## What to do
Take the entries that follow and return exactly the lines from the one holding "global ≡ ok s)" through the one holding "unfolding is_addr_local", both included. Nothing else is needed.

## Data section
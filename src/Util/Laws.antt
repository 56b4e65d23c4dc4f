-- ===== src/Util/Laws.antt =====
-- What the addresses and keys of tools/util/util.go determine.
use go_websocket.Prelude.{
  ℕ, ◌+◌, ◌≡◌, zero, suc, length-drop, ◌≤◌, refl, ap, Bool, true, false, [], ◌∷◌, ◌++◌, ◌==◌,
  if◌then◌else◌, length, take, drop, arith, inl, inr, Bool-cases, le→ltb,
}
use go_websocket.Prelude.Text.{Str, str_eq, str_eq_refl, Free, split-Free, split-append}
use go_websocket.Prelude.Result.{ok}
use go_websocket.Crypto.{Bytes, Cipher, IsLawful, new_cipher}
use go_websocket.Crypto.Laws.{decrypt-encrypt_lem}
use go_websocket.Setting.{CommonConf, Global}
use go_websocket.Util.{
  AddrInfo, remove_dashes, gen_uuid, gen_client_id, parse_redis_addr_value, is_addr_local,
  get_addr_info_and_is_local, gen_group_key,
}

nonempty_host : (host port : Str) → str_eq (host ++ b':' ∷ port) [] ≡ false
unfolding str_eq
nonempty_host [] port = refl
nonempty_host (c ∷ host) port = refl

-- A host and a port without colons are read back from `host:port`.
pub parse_redis_addr_value_joined :
    (host port : Str)
    → Free b':' host
    → Free b':' port
    → parse_redis_addr_value (host ++ b':' ∷ port) ≡ ok (host, port)
unfolding parse_redis_addr_value
parse_redis_addr_value_joined host port h p =
    rw (nonempty_host host port, split-append b':' host port h, split-Free b':' port p)

-- What an id says of the address of a client's server.
abbrev pub names : Str → Str → Bool → AddrInfo
names host port is_local = record {
  addr = host ++ b':' ∷ port;
  host = host;
  port = port;
  is_local = is_local;
}

-- The id that a server makes is read as its address by every server with the same key, and as local
-- where that address is the reader's: with colon-free host and port, a key that AES takes and 16
-- random bytes, GenClientId succeeds and GetAddrInfoAndIsLocal gives the address back.
pub get_addr_info-gen_client_id :
    (c : Cipher)
    → IsLawful c
    → (common : CommonConf) (global : Global) (iv : Bytes) → new_cipher common.crypto_key ≡ ok tt
    → length iv ≡ 16
    → Free b':' global.local_host
    → Free b':' common.rpc_port
    → (s : Str) × (gen_client_id c (ok iv) common global ≡ ok s)
      × ((reader : CommonConf) (other : Global)
          → reader.crypto_key ≡ common.crypto_key
          → get_addr_info_and_is_local c reader other s
            ≡ ok (
                names global.local_host common.rpc_port
                  (is_addr_local global.local_host common.rpc_port reader other)))
unfolding gen_client_id get_addr_info_and_is_local
get_addr_info-gen_client_id c law common global iv k e h p =
    let (s, made, read) =
      decrypt-encrypt_lem c law common.crypto_key iv (global.local_host ++ b':' ∷ common.rpc_port) k
        e in
    (
      s,
      rw (made, gen_client_id),
      λ reader other same.
          rw (same, read, parse_redis_addr_value_joined global.local_host common.rpc_port h p),
    )

pub is_addr_local_self :
    (common : CommonConf) (global : Global)
    → is_addr_local global.local_host common.rpc_port common global ≡ true
unfolding is_addr_local
is_addr_local_self common global = rw (str_eq_refl global.local_host, str_eq_refl common.rpc_port)

-- Group keys of system ids without a colon tell the systems and the groups apart.
pub gen_group_key-injective :
    (s t g h : Str)
    → Free b':' s
    → Free b':' t
    → gen_group_key s g ≡ gen_group_key t h
    → (s ≡ t) × (g ≡ h)
unfolding gen_group_key
gen_group_key-injective [] [] g h p q e = (refl, cc)
gen_group_key-injective [] (d ∷ t) g h p q e = absurd (ground (arith, q.0))
gen_group_key-injective (c ∷ s) [] g h p q e = absurd (ground (arith, p.0))
gen_group_key-injective (c ∷ s) (d ∷ t) g h p q e =
    let (a, b) = gen_group_key-injective s t g h p.1 q.1 cc in (cc, b)

-- A system id with a colon shares its keys with another system.
pub gen_group_key_shared :
    (a b g : Str) → gen_group_key (a ++ b':' ∷ b) g ≡ gen_group_key a (b ++ b':' ∷ g)
unfolding gen_group_key
gen_group_key_shared [] b g = refl
gen_group_key_shared (c ∷ a) b g = ap (λ s. c ∷ s) (gen_group_key_shared a b g)

abbrev pub dashes : Str → ℕ
dashes [] = 0
dashes (c ∷ s) = (if c == b'-' then 1 else 0) + dashes s

length-remove_dashes : (s : Str) → length (remove_dashes s) + dashes s ≡ length s
unfolding remove_dashes
length-remove_dashes [] = omega arith
length-remove_dashes (c ∷ s) = ground (arith, length-remove_dashes s)

remove_dashes-Free : (s : Str) → Free b'-' (remove_dashes s)
unfolding remove_dashes
remove_dashes-Free [] = tt
remove_dashes-Free (c ∷ s) = elim (Bool-cases (c == b'-')) [
  | inl e ↦ rw e (remove_dashes-Free s)
  | inr e ↦ rw e (e, remove_dashes-Free s)
]

Free-take : (n : ℕ) (s : Str) → Free b'-' s → Free b'-' (take n s)
Free-take zero s h = tt
Free-take (suc n) [] h = tt
Free-take (suc n) (c ∷ s) h = (h.0, Free-take n s h.1)

Free-drop : (n : ℕ) (s : Str) → Free b'-' s → Free b'-' (drop n s)
Free-drop zero s h = h
Free-drop (suc n) [] h = tt
Free-drop (suc n) (c ∷ s) h = Free-drop n s h.1

length-take : (n : ℕ) (s : Str) → n ≤ length s → length (take n s) ≡ n
length-take zero s h = refl
length-take (suc n) [] h = absurd (omega arith)
length-take (suc n) (c ∷ s) h = ap suc (length-take n s (omega arith))

-- From a text that has at least 24 bytes besides its dashes, as the 36 bytes of a UUID have,
-- GenUUID makes a message id of 16 bytes, none of them a dash.
pub gen_uuid_lem :
    (uuid : Str)
    → 24 + dashes uuid ≤ length uuid
    → (s : Str) × (gen_uuid uuid ≡ ok s) × (length s ≡ 16) × Free b'-' s
unfolding gen_uuid
gen_uuid_lem uuid h =
    let t = remove_dashes uuid in
    let l = length-remove_dashes uuid in
    (
      take 16 (drop 8 t),
      rw (le→ltb (length t) 24 (omega arith)),
      length-take 16 (drop 8 t) (omega (arith, length-drop 8 t)),
      Free-take 16 (drop 8 t) (Free-drop 8 t (remove_dashes-Free uuid)),
    )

## Finished exercise
    → (s : Str) × (gen_client_id c (ok iv) common global ≡ ok s)
      × ((reader : CommonConf) (other : Global)
          → reader.crypto_key ≡ common.crypto_key
          → get_addr_info_and_is_local c reader other s
            ≡ ok (
                names global.local_host common.rpc_port
                  (is_addr_local global.local_host common.rpc_port reader other)))
unfolding gen_client_id get_addr_info_and_is_local
get_addr_info-gen_client_id c law common global iv k e h p =
    let (s, made, read) =
      decrypt-encrypt_lem c law common.crypto_key iv (global.local_host ++ b':' ∷ common.rpc_port) k
        e in
    (
      s,
      rw (made, gen_client_id),
      λ reader other same.
          rw (same, read, parse_redis_addr_value_joined global.local_host common.rpc_port h p),
    )

pub is_addr_local_self :
    (common : CommonConf) (global : Global)
    → is_addr_local global.local_host common.rpc_port common global ≡ true
unfolding is_addr_local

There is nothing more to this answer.